Today, after looking at ns_cgroup.c and devices_cgroup.c and realizing that they couldn't really be modularized easily, I threw together a skeleton subsystem modeled after the other ones that adds a file "hax" that wraps a global variable whose value determines whether you can attach tasks to the cgroup or not. All right, now let's follow this guide that elly pointed me at to get it to build as a module...

WARNING: "cgroup_load_subsys" [/home/bblum/Documents/School/F09/412/hax/cgroup_test1.ko] undefined!
WARNING: "cgroup_add_file" [/home/bblum/Documents/School/F09/412/hax/cgroup_test1.ko] undefined!

Well, they're just warnings, so try loading the module anyway, right? (Note: I use insmod instead of modprobe because the latter wants infrastructure and dependencies, and the former can just take any random file from the filesystem.)

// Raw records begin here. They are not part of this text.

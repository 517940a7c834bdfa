-- ===== src/Definitions/Cycle/Round.antt =====
-- One round of the `while` loop keeps the invariant, so the loop ends with an empty stack.
use mathlib.Core.WellFounded.{Acc}
use automation_platform.Base.{
  ℕ, zero, suc, ◌+◌, ◌≡◌, ◌≤◌, refl, Bool, true, false, ◌||◌, ◌&&◌, some, List, [], ◌∷◌, String,
  arith, ltb, leb, ◌==◌, if◌then◌else◌, inl, inr, sym, ap, ◌∙◌, subst, Bool-cases,
}
use automation_platform.Errors.{ok, ◌>>=◌}
use automation_platform.Table.{In}
use automation_platform.Texts.{
  same, same_refl, same-cases, has_text, occurrences, TextDict, get_text, text_item, Distinct,
  occurrences_present,
}
use automation_platform.Definitions.Cycle.{CreateTaskDefinition, process_ready, release_children}
use automation_platform.Definitions.Cycle.Release.{release_children_lem, item_of_get}
use automation_platform.Definitions.Cycle.Children.{task_keys, tally, tally_unique, tally_absent}
use automation_platform.Definitions.Cycle.Loop.{
  Inv, DependsOn, unprocessed, missing, unprocessed-cons, missing-cons, processed_of_zero,
  task_of_key,
}

-- The stack after a round: `c` says that the task was popped, `d` that it was processed before.
listed_step :
    (c d : Bool) (u u' o r r' : ℕ)
    → (if c then 1 else 0) + r ≡ (if d then 0 else if u == 0 then 1 else 0)
    → (d ≡ true → u ≡ 0)
    → r' ≡ r + (if ltb 0 u && leb u o then 1 else 0)
    → u' + o ≡ u
    → r' ≡ (if c || d then 0 else if u' == 0 then 1 else 0)
listed_step c d u u' o r r' l f p b = ground arith

finished_step :
    (c d : Bool) (u u' o r : ℕ)
    → (if c then 1 else 0) + r ≡ (if d then 0 else if u == 0 then 1 else 0)
    → (d ≡ true → u ≡ 0)
    → u' + o ≡ u
    → (c || d) ≡ true
    → u' ≡ 0
finished_step c d u u' o r l f b h = ground arith

module _ (ts : List CreateTaskDefinition) (distinct : Distinct (task_keys ts))
    (children : TextDict (List String))
    (kids_of : (q : String)
      → has_text q (task_keys ts) ≡ true
      → (kids : List String) × (get_text q children ≡ some kids)
        × ((j : String) → occurrences j kids ≡ tally j q ts)) where
  -- The key on top of the stack is not processed, and all that its task depends on is.
  top :
      (done : List String) (counts : TextDict ℕ) (k : String) (ready : List String) (p : ℕ)
      → Inv ts done counts (k ∷ ready) p
      → (t : CreateTaskDefinition) → In t ts
      → t.key ≡ k
      → (has_text k done ≡ false) × (unprocessed done t.dependencies ≡ 0)
  top done counts k ready p inv t i e =
      let l = inv.listed t i in
      let s : same t.key k ≡ true = subst (λ x. same t.key x ≡ true) e (same_refl t.key) in
      let n : has_text t.key done ≡ false = ground arith in
      (subst (λ x. has_text x done ≡ false) e n, ground arith)

  accessible :
      (done : List String) (counts : TextDict ℕ) (k : String) (ready : List String) (p : ℕ)
      → Inv ts done counts (k ∷ ready) p
      → Acc (DependsOn ts) k
  accessible done counts k ready p inv = Acc.intro k (λ d dep. inv.sound d (
      processed_of_zero done dep.task.dependencies
        (top done counts k ready p inv dep.task dep.among dep.named).1 d dep.listed))

  kid_is_known :
      (k : String) (kids : List String)
      → ((j : String) → occurrences j kids ≡ tally j k ts)
      → (j : String) → has_text j kids ≡ true
      → has_text j (task_keys ts) ≡ true
  kid_is_known k kids occ j h = elim (Bool-cases (has_text j (task_keys ts))) [
    | inl t ↦ t
    | inr f ↦
        let a = occurrences_present j kids h in
        let b = occ j in let c = tally_absent j k ts f in absurd (omega arith)
  ]

  round :
      (done : List String) (counts : TextDict ℕ) (k : String) (ready : List String) (p : ℕ)
      → Inv ts done counts (k ∷ ready) p
      → (kids : List String) × (counts' : TextDict ℕ) × (ready' : List String) × (text_item k
            children
          ≡ ok kids)
        × (release_children kids counts ready ≡ ok (counts', ready'))
        × Inv ts (k ∷ done) counts' ready' (p + 1)
  round done counts k ready p inv =
      let r = same_refl k in
      let key = inv.known k (ground arith) in
      let (t, i, e) = task_of_key ts k key in
      let (fresh, none_left) = top done counts k ready p inv t i e in
      let (kids, hk, occ) = kids_of k key in
      let (counts', ready', eq, rel, sub) = release_children_lem kids counts ready (λ j h.
        let (u, iu, eu) = task_of_key ts j (kid_is_known k kids occ j h) in
        (
          unprocessed done u.dependencies,
          subst (λ x. get_text x counts ≡ some (unprocessed done u.dependencies)) eu
              (inv.counted u iu),
        )) in
      let released = λ (u : CreateTaskDefinition) (iu : In u ts).
        rel u.key (unprocessed done u.dependencies) (inv.counted u iu) in
      let n =
        λ (u : CreateTaskDefinition) (iu : In u ts). occ u.key ∙ tally_unique k u ts distinct iu in
      (
        kids,
        counts',
        ready',
        item_of_get k children kids hk,
        eq,
        record {
          counted = λ u iu.
              let a = n u iu in
              let b = unprocessed-cons k done u.dependencies fresh in
              (released u iu).counter ∙ ap (λ x. some x) (omega arith);
          listed = λ u iu.
              listed_step (same u.key k) (has_text u.key done) (unprocessed done u.dependencies)
                (unprocessed (k ∷ done) u.dependencies) (occurrences u.key kids)
                (occurrences u.key ready) (occurrences u.key ready') (inv.listed u iu)
                (inv.finished u iu) (released u iu).pushed
                (let a = n u iu in
                  let b = unprocessed-cons k done u.dependencies fresh in omega arith);
          known = λ j h. elim (Bool-cases (has_text j ready)) [
            | inl a ↦ inv.known j (ground arith)
            | inr a ↦ kid_is_known k kids occ j (ground (arith, sub j h))
          ];
          finished = λ u iu h.
              finished_step (same u.key k) (has_text u.key done) (unprocessed done u.dependencies)
                (unprocessed (k ∷ done) u.dependencies) (occurrences k u.dependencies)
                (occurrences u.key ready) (inv.listed u iu) (inv.finished u iu)
                (unprocessed-cons k done u.dependencies fresh) h;
          sound = λ j h. elim (same-cases j k) [
            | inl (e, _) ↦ subst (Acc (DependsOn ts)) (sym e) (accessible done counts k ready p inv)
            | inr (_, f) ↦ inv.sound j (rw f at h)
          ];
          total =
              let m = missing-cons k done ts distinct fresh key in let t = inv.total in omega arith;
        },
      )

  -- With as much fuel as tasks are missing, the loop ends with an empty stack.
  pub process_ready_lem :
      (fuel : ℕ) (done : List String) (counts : TextDict ℕ) (ready : List String) (p : ℕ)
      → missing done ts ≤ fuel
      → Inv ts done counts ready p
      → (p' : ℕ) × (done' : List String) × (counts' : TextDict ℕ) × (process_ready fuel children
            counts ready p
          ≡ ok p')
        × Inv ts done' counts' [] p'
  unfolding process_ready
  process_ready_lem fuel done counts [] p le inv = (p, done, counts, refl, inv)
  process_ready_lem zero done counts (k ∷ ready) p le inv =
      let r = same_refl k in
      let key = inv.known k (ground arith) in
      let (t, i, e) = task_of_key ts k key in
      let m = missing-cons k done ts distinct (top done counts k ready p inv t i e).0 key in
      absurd (omega arith)
  process_ready_lem (suc fuel) done counts (k ∷ ready) p le inv =
      let r = same_refl k in
      let key = inv.known k (ground arith) in
      let (t, i, e) = task_of_key ts k key in
      let m = missing-cons k done ts distinct (top done counts k ready p inv t i e).0 key in
      let (kids, counts', ready', hk, hr, inv') = round done counts k ready p inv in
      let (p', done', last, eq, end) =
        process_ready_lem fuel (k ∷ done) counts' ready' (p + 1) (omega arith) inv' in
      (
        p',
        done',
        last,
        ap
              (λ m. m >>= λ kids. release_children kids counts ready >>= λ next.
                process_ready fuel children next.0 next.1 (p + 1))
              hk
            ∙ ap (λ m. m >>= λ next. process_ready fuel children next.0 next.1 (p + 1)) hr
            ∙ eq,
        end,
      )
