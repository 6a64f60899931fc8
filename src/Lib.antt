-- ===== src/Lib.antt =====
-- cognet, a typed node graph: nodes with input and output slots, edges between slots, nested
-- subgraphs, and an executor that runs the nodes level by level.
--
-- The parts of the program and the files that model them:
-- - src/node_graph/node_path.rs: NodePath.antt. `NodePath::{root, child, parent, leaf, is_root}`
--   keep their names; `Display` is NodePath/Display.antt. A `NodeId` is a ULID, which the code
--   only compares: a number, below 2 ^ 128 where its text matters.
-- - src/node_graph/path_index.rs: PathIndex.antt, the children of each path.
-- - src/edge/mod.rs: Edge.antt.
-- - src/edge/slot.rs: Slot/DataType.antt (`ListElem`, `DataType` and `TypeId`) and
--   Slot/Data.antt (`Data` and its constructors and reads). `f64` is the parameter `F`, and
--   `Arc<dyn Any>` a sum over the Rust types that the file names, with one constructor for the
--   types of applications. Slot/Fields.antt has the fields of composite values, with the two
--   `extract_fields_*` of src/node_graph/node_graph_api.rs.
-- - src/node_graph/node_state.rs: NodeStates.antt (the state, reads, change marks),
--   NodeStates/Slots.antt, NodeStates/Edges.antt and NodeStates/Nodes.antt (the operations).
--   The state is a record with the fields of `NodeStates`; an operation takes the state and
--   returns the new one, with the result where the source returns one. Fresh ids
--   (`InputSlotId::new()`) are arguments. NodeStates/Setters.antt has the
--   setters of one slot. NodeStates/Consistent.antt states the invariant, with a module for each
--   group of operations, and NodeStates/Run.antt puts the operations together as a step relation,
--   each call under the condition of its step. NodeStates/Effects.antt has what insertions and
--   removals leave behind.
--   NodeStates/Lockstep.antt is about slots and their owners, NodeStates/Index.antt about the four
--   edge indexes.
-- - src/node_graph/node_graph_system.rs: TopologicalSort.antt, the levels of the executor. Its
--   fuel is one more than the number of the targets: a round of the loop takes at least one target
--   from the queue, and a target joins the queue when its last source has left it. The modules
--   below it follow the loop: TopologicalSort/Counting.antt (the degrees at the start),
--   TopologicalSort/Rounds.antt (one level), TopologicalSort/Order.antt (the levels),
--   TopologicalSort/Cycle.antt and TopologicalSort/Correct.antt (the result), and
--   TopologicalSort/Checked.antt, where the subtraction of the source panics on zero.
-- - src/node_graph/node_graph_api.rs: Executor.antt (plans, results, the choice of the mode),
--   Executor/Closure.antt and Executor/Plan.antt (`build_execution_plan`, the checks and the change
--   marks), Executor/Interface.antt, Executor/Resolve.antt and Executor/Frontier.antt (the walks
--   through interface nodes: `resolve_value_through_interface` and `ChangeFrontier`),
--   Executor/Context.antt, Executor/Execute.antt, Executor/Collect.antt and Executor/Sync.antt (the
--   passes of `execute_sync_inner`), and Executor/Async.antt (`execute_async_inner`: the futures of
--   a level are awaited one after the other). The fuel of the search is one more than the changed
--   nodes and the edges: a round takes a path off the queue, and an edge puts one there once. The fuel of a
--   walk is one more than the input slots: it goes by a port once.
--   A node of a level runs after the one before it; Executor/Execute/Order.antt and
--   Executor/Execute/SameLevel.antt are about other orders, as on the worker pool.
-- - src/node/mod.rs: NodeImpl.antt, the trait of the nodes. What a node does is a parameter: a run
--   is the list of its writes through the `OutputWriter` and how it ends, a caught panic included.
-- - src/error.rs: ErrorKind.antt and GraphError.antt. src/node_graph/mod.rs: NodeGraph.antt, the
--   graph and its errors. NodeGraph/Connect.antt is the rest of node_graph_system.rs,
--   `create_edge_at`, `add_edge_with_id` and `connect_nodes_at_with_id`; an operation gives the
--   graph that it leaves and its result. The subgraph nodes of the node manager are a map from a
--   path to the ids of its proxies. Error texts are constructors.
-- - src/node_graph/path_api.rs: PathApi.antt, node data and default values at a path. An update and
--   its `clear` companion are the same body with a value or with none. PathApi/Fields.antt replaces
--   one field of a composite value. PathApi/Ends.antt has the external ports
--   of a subgraph and `edge_external_{target, source}`.
-- - src/node_graph/execution_cache.rs: ExecutionCache.antt, and src/node/execution_context.rs:
--   ExecutionContext.antt. The cache that the writer shares is passed on as an argument and a
--   result.
-- - src/node/operators: Operators.antt, with Operators/Broadcast.antt (broadcast.rs and the four
--   binary operators, with their meaning in Operators/Broadcast/Meaning.antt) and
--   Operators/ListFold.antt (the four operators on lists). The arithmetic of `f64` is the
--   parameter `FloatOps`.
-- Shared: Prelude.antt (tests, equality, lists), Result.antt, HashMap.antt, HashSet.antt and
-- ListMap.antt (maps as association lists with their laws; a map of lists is read with the empty
-- list for a missing key, as `get(..).unwrap_or(&[])` does). Examples.antt holds the tests.
--
-- Generation counters wrap at 2 ^ 64. Slot indexes are `usize` and stay below the length of a
-- list in memory, so they are natural numbers.
--
-- Not modelled: the interleaving of the futures of a level, the traits of the executor for reading
-- and writing graphs, the rest of the path and subgraph layers, the node manager and the
-- other node types of src/node, which are further parts of the program;
-- serialization with serde, and wasm/src and examples, which wrap the library. Locks
-- (`Arc<RwLock<_>>`) are left out: an operation holds the lock for its whole body.
pub mod Prelude
pub mod Result
pub mod HashMap
pub mod HashSet
pub mod ListMap
pub mod Edge
pub mod ErrorKind
pub mod Examples
pub mod ExecutionCache
pub mod ExecutionContext
pub mod Executor
pub mod GraphError
pub mod NodeGraph
pub mod NodeImpl
pub mod NodePath
pub mod NodeStates
pub mod Operators
pub mod PathApi
pub mod PathIndex
pub mod Slot
pub mod TopologicalSort
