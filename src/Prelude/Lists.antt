-- ===== src/Prelude/Lists.antt =====
-- Lists measured and indexed by native numbers, under the library's names, and what `Vec` adds:
-- membership tests, insertion and removal at an index, `retain`.
use Prim.Native.Nat.{ℕ, zero, suc, ◌+◌, ◌-◌, ◌≤◌, ◌<◌}
use mathlib.Core.Path.{◌≡◌, refl, ap}
use mathlib.Core.Bool.{Bool, false, not, ◌||◌, ◌&&◌}
use mathlib.Core.List.{List, [], ◌∷◌, ◌++◌}
use mathlib.Core.Option.{Option, none, some}
use native.Mathlib.Omega.{arith}
use cognet.Prelude.Tests.{if◌then◌else◌, nat_beq, ltb}
use cognet.Prelude.Classes.{Eq, ◌==◌}

module _ {ℓ} {A : Type ℓ} where
  abbrev pub length : List A → ℕ
  length [] = 0
  length (x ∷ xs) = suc (length xs)

  abbrev pub get_elem? : List A → ℕ → Option A
  get_elem? [] i = none
  get_elem? (x ∷ xs) zero = some x
  get_elem? (x ∷ xs) (suc i) = get_elem? xs i

  abbrev pub drop : ℕ → List A → List A
  drop zero xs = xs
  drop (suc n) [] = []
  drop (suc n) (x ∷ xs) = drop n xs

  -- `Vec::insert`; past the end it appends (Rust panics there, and its callers clamp the index)
  abbrev pub insert_at : List A → ℕ → A → List A
  insert_at xs zero a = a ∷ xs
  insert_at [] (suc i) a = a ∷ []
  insert_at (x ∷ xs) (suc i) a = x ∷ insert_at xs i a

  -- `Vec::remove`; past the end it changes nothing (Rust panics there)
  abbrev pub remove_at : List A → ℕ → List A
  remove_at [] i = []
  remove_at (x ∷ xs) zero = xs
  remove_at (x ∷ xs) (suc i) = x ∷ remove_at xs i

  abbrev pub retain : (A → Bool) → List A → List A
  retain p [] = []
  retain p (x ∷ xs) = let rest = retain p xs in if p x then x ∷ rest else rest

  -- ls.iter().flatten()
  abbrev pub flatten : List (List A) → List A
  flatten [] = []
  flatten (l ∷ ls) = l ++ flatten ls

  pub length-append : (xs ys : List A) → length (xs ++ ys) ≡ length xs + length ys
  length-append [] ys = omega arith
  length-append (x ∷ xs) ys = omega (arith, length-append xs ys)

  pub get_elem?-lt : (xs : List A) (i : ℕ) (a : A) → get_elem? xs i ≡ some a → i < length xs
  get_elem?-lt [] i a h = cc
  get_elem?-lt (x ∷ xs) zero a h = omega arith
  get_elem?-lt (x ∷ xs) (suc i) a h = omega (arith, get_elem?-lt xs i a h)

  pub get_elem?-append :
      (xs ys : List A) (i : ℕ)
      → get_elem? (xs ++ ys) i
        ≡ (if ltb i (length xs) then get_elem? xs i else get_elem? ys (i - length xs))
  get_elem?-append [] ys zero = refl
  get_elem?-append [] ys (suc i) = ground arith
  get_elem?-append (x ∷ xs) ys zero = ground arith
  get_elem?-append (x ∷ xs) ys (suc i) = ground (arith, get_elem?-append xs ys i)

  -- Reading after an insertion: below, at and above the new element.
  pub get_elem?-insert_at :
      (xs : List A) (i : ℕ) (a : A) (j : ℕ)
      → i ≤ length xs
      → get_elem? (insert_at xs i a) j
        ≡ (if ltb j i then get_elem? xs j else if nat_beq j i then some a else get_elem? xs (j - 1))
  get_elem?-insert_at xs zero a zero h = refl
  get_elem?-insert_at xs zero a (suc j) h = ground arith
  get_elem?-insert_at [] (suc i) a j h = absurd (omega arith)
  get_elem?-insert_at (x ∷ xs) (suc i) a zero h = ground arith
  get_elem?-insert_at (x ∷ xs) (suc i) a (suc zero) h =
      ground (arith, get_elem?-insert_at xs i a zero)
  get_elem?-insert_at (x ∷ xs) (suc i) a (suc (suc j)) h =
      ground (arith, get_elem?-insert_at xs i a (suc j))

  -- Reading after a removal.
  pub get_elem?-remove_at :
      (xs : List A) (i j : ℕ)
      → get_elem? (remove_at xs i) j ≡ (if ltb j i then get_elem? xs j else get_elem? xs (suc j))
  get_elem?-remove_at [] i j = ground arith
  get_elem?-remove_at (x ∷ xs) zero j = ground arith
  get_elem?-remove_at (x ∷ xs) (suc i) zero = ground arith
  get_elem?-remove_at (x ∷ xs) (suc i) (suc j) = ground (arith, get_elem?-remove_at xs i j)

  pub length-insert_at : (xs : List A) (i : ℕ) (a : A) → length (insert_at xs i a) ≡ suc (length xs)
  length-insert_at xs zero a = refl
  length-insert_at [] (suc i) a = refl
  length-insert_at (x ∷ xs) (suc i) a = ap suc (length-insert_at xs i a)

  pub length-remove_at :
      (xs : List A) (i : ℕ) → i < length xs → suc (length (remove_at xs i)) ≡ length xs
  length-remove_at [] i h = absurd (omega arith)
  length-remove_at (x ∷ xs) zero h = refl
  length-remove_at (x ∷ xs) (suc i) h = ap suc (length-remove_at xs i (omega arith))

  pub get_elem?-drop :
      (n : ℕ) (xs : List A) (i : ℕ) → get_elem? (drop n xs) i ≡ get_elem? xs (n + i)
  get_elem?-drop zero xs i = ground arith
  get_elem?-drop (suc n) [] i = refl
  get_elem?-drop (suc n) (x ∷ xs) i = ground (arith, get_elem?-drop n xs i)

module _ {ℓ} {A : Type ℓ} ⦃e : Eq A⦄ where
  -- `slice::contains`
  abbrev pub contains : List A → A → Bool
  contains [] a = false
  contains (x ∷ xs) a = (x == a) || contains xs a

  pub contains-append :
      (xs ys : List A) (a : A) → contains (xs ++ ys) a ≡ (contains xs a || contains ys a)
  contains-append [] ys a = refl
  contains-append (x ∷ xs) ys a = ground (arith, contains-append xs ys a)

  -- `retain(|id| *id != x)`
  abbrev pub without : A → List A → List A
  without x xs = retain (λ y. not (y == x)) xs

  pub contains-without :
      (x : A) (xs : List A) (a : A) → contains (without x xs) a ≡ (contains xs a && not (x == a))
  contains-without x [] a = refl
  contains-without x (y ∷ ys) a =
      ground (arith, contains-without x ys a, e.beq_iff y x, e.beq_iff y a, e.beq_iff x a)

  -- no element stands twice
  abbrev pub IsNodup : List A → Type 0
  IsNodup [] = Unit
  IsNodup (x ∷ xs) = (contains xs x ≡ false) × IsNodup xs

  pub IsNodup-without : (x : A) (xs : List A) → IsNodup xs → IsNodup (without x xs)
  IsNodup-without x [] h = tt
  IsNodup-without x (y ∷ ys) h = ground (arith, IsNodup-without x ys h.1, contains-without x ys y)

  pub IsNodup-append :
      (xs : List A) (a : A) → contains xs a ≡ false → IsNodup xs → IsNodup (xs ++ a ∷ [])
  IsNodup-append [] a h n = (refl, tt)
  IsNodup-append (x ∷ xs) a h n =
      ground
        (arith, IsNodup-append xs a, contains-append xs (a ∷ []) x, e.beq_iff x a, e.beq_iff a x)

module _ {ℓ} {A : Type ℓ} where
  pub insert_at-length : (xs : List A) (a : A) → insert_at xs (length xs) a ≡ xs ++ a ∷ []
  insert_at-length [] a = refl
  insert_at-length (x ∷ xs) a = ap (λ l. x ∷ l) (insert_at-length xs a)

  pub drop-append_length : (xs ys : List A) → drop (length xs) (xs ++ ys) ≡ ys
  drop-append_length [] ys = refl
  drop-append_length (x ∷ xs) ys = drop-append_length xs ys
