-- ===== src/Prelude/Subsets.antt =====
-- Lists without repetitions as sets: one inside the other, and their lengths.
use Prim.Native.Nat.{◌≤◌, ◌<◌}
use mathlib.Core.Path.{◌≡◌}
use mathlib.Core.Logic.{◌⊎◌, ◌≢◌, inl, inr}
use mathlib.Core.Bool.{true, false}
use mathlib.Core.List.{List, [], ◌∷◌, ◌++◌}
use native.Mathlib.Omega.{arith}
use cognet.Prelude.Tests.{Bool-cases}
use cognet.Prelude.Classes.{Eq, ◌==◌, beq_refl}
use cognet.Prelude.Lists.{length, contains, contains-append, without, contains-without, IsNodup}

module _ {ℓ} {A : Type ℓ} ⦃e : Eq A⦄ where
  abbrev pub IsSubset : List A → List A → Type ℓ
  IsSubset xs ys = (a : A) → contains xs a ≡ true → contains ys a ≡ true

  pub length-without_le : (x : A) (xs : List A) → length (without x xs) ≤ length xs
  length-without_le x [] = omega arith
  length-without_le x (y ∷ ys) = ground (arith, length-without_le x ys)

  pub length-without_lt :
      (x : A) (xs : List A) → contains xs x ≡ true → length (without x xs) < length xs
  length-without_lt x [] h = cc
  length-without_lt x (y ∷ ys) h = ground (arith, length-without_lt x ys, length-without_le x ys)

  IsSubset-without :
      (x : A) (xs ys : List A)
      → contains xs x ≡ false
      → IsSubset (x ∷ xs) ys
      → IsSubset xs (without x ys)
  IsSubset-without x xs ys h sub a m = ground (arith, contains-without x ys a, sub a, e.beq_iff x a)

  -- the pigeonhole principle
  pub length-subset : (xs ys : List A) → IsNodup xs → IsSubset xs ys → length xs ≤ length ys
  length-subset [] ys n sub = omega arith
  length-subset (x ∷ xs) ys n sub = omega (
    arith,
    length-subset xs (without x ys) n.1 (IsSubset-without x xs ys n.0 sub),
    length-without_lt x ys (sub x (ground (arith, beq_refl x))),
  )

  -- a list without repetitions that is as long as what it is taken from has all of it
  pub IsSubset-full :
      (xs ys : List A) → IsNodup xs → IsSubset xs ys → length ys ≤ length xs → IsSubset ys xs
  IsSubset-full [] [] n sub h a m = m
  IsSubset-full [] (y ∷ ys) n sub h a m = absurd (omega arith)
  IsSubset-full (x ∷ xs) ys n sub h a m = elim (Bool-cases (x == a)) [
    | inl same ↦ ground arith
    | inr other ↦
        let shorter = length-without_lt x ys (sub x (ground (arith, beq_refl x))) in
        let rest =
          IsSubset-full xs (without x ys) n.1 (IsSubset-without x xs ys n.0 sub) (omega arith) a
            (ground (arith, contains-without x ys a)) in
        ground arith
  ]

  pub IsNodup-append_disjoint :
      (xs ys : List A)
      → IsNodup xs
      → IsNodup ys
      → ((a : A) → contains xs a ≡ true → contains ys a ≡ false)
      → IsNodup (xs ++ ys)
  IsNodup-append_disjoint [] ys n k h = k
  IsNodup-append_disjoint (x ∷ xs) ys n k h = (
    ground (arith, contains-append xs ys x, n.0, h x, beq_refl x),
    IsNodup-append_disjoint xs ys n.1 k (λ a m. h a (ground arith)),
  )

  subset_or_missing :
      (ys xs : List A)
      → IsSubset ys xs ⊎ ((a : A) × (contains ys a ≡ true) × (contains xs a ≡ false))
  subset_or_missing [] xs = inl (λ a m. cc)
  subset_or_missing (y ∷ ys) xs = elim (Bool-cases (contains xs y)) [
    | inr out ↦ inr (y, ground (arith, beq_refl y), out)
    | inl here ↦ elim (subset_or_missing ys xs) [
      | inl sub ↦ inl (λ a m. ground (arith, sub a, e.beq_iff y a))
      | inr (a, m, out) ↦ inr (a, ground arith, out)
    ]
  ]

  -- of two lists without repetitions, one inside the other, the longer has an element more
  pub missing :
      (xs ys : List A)
      → length xs ≢ length ys
      → IsSubset xs ys
      → IsNodup xs
      → IsNodup ys
      → (a : A) × (contains ys a ≡ true) × (contains xs a ≡ false)
  missing xs ys differ sub n k = elim (subset_or_missing ys xs) [
    | inl all ↦ absurd (omega (arith, length-subset xs ys n sub, length-subset ys xs k all))
    | inr found ↦ found
  ]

livecd / # mount -t hostfs none -o /home/bblum/412 /mnt/host/
livecd / # cd /mnt/host/hax/
livecd hax # insmod cgroup_test1.ko
cgroup_test1: Unknown symbol cgroup_load_subsys
cgroup_test1: Unknown symbol cgroup_add_file
insmod: error inserting 'cgroup_test1.ko': -1 Unknown symbol in module

It was worth a shot, though. Turns out I need to EXPORT_SYMBOL(...) everything I'll need for the module in kernel/cgroup.c. For now, I just do the functions my subsystem uses; later, I'll need to worry about functions that -any- subsystem might use. Next:

livecd hax # insmod cgroup_test1.ko
cgroup_test1: version magic '2.6.31-rc9-mm1-gf013913 mod_unload ' should be '2.6.31-rc9-mm1-ge40e265 mod_unload '
insmod: error inserting 'cgroup_test1.ko': -1 Invalid module format

It took too long to realize that the kernel I'd most recently booted somehow had something different enough to change the vermagic string from the most recent time I'd built it, which is what I'd built the module against. Okay. Rebooting UML, and going to get it right this time.

livecd hax # insmod cgroup_test1.ko
Kernel panic - not syncing: Kernel mode signal 4
Modules linked in: cgroup_test1(+)
Segmentation fault

I had deliberately left out the ".module = THIS_MODULE" line in test1_subsys when first building it, to see what would happen when cgroup_load_subsys tried to pin the module... and promptly forgotten about it. Putting the line in, finally, and:

livecd dev # lsmod
Module Size Used by
livecd dev # mount -t cgroup none -o test1 cgroup/
mount: special device none does not exist
livecd dev # insmod /mnt/host/hax/cgroup_test1.ko
livecd dev # lsmod
Module Size Used by
cgroup_test1 2512 1 [permanent]
livecd dev # mount -t cgroup none -o test1 cgroup/
livecd dev # ls cgroup/
cgroup.procs notify_on_release release_agent tasks test1.hax
livecd dev # mkdir cgroup/foo
livecd dev # echo $$ > cgroup/foo/tasks
bash: echo: write error: Operation not permitted
livecd dev # echo 42 > cgroup/foo/test1.hax
livecd dev # echo $$ > cgroup/foo/tasks
livecd dev #

:)

2009-10-06

understanding is powered by magic

I spent a good hour or two this afternoon poring over the kernel's module build infrastructure (not daring to look at any .c files, of course), looking at various other module code trying to take them as examples. Something clicked in my head then while looking at include/linux/init.h, which hadn't done before, presumably because I hadn't looked at module examples, and suddenly I understood how things wanted to be compiled as modules and have initcalls/exitcalls registered.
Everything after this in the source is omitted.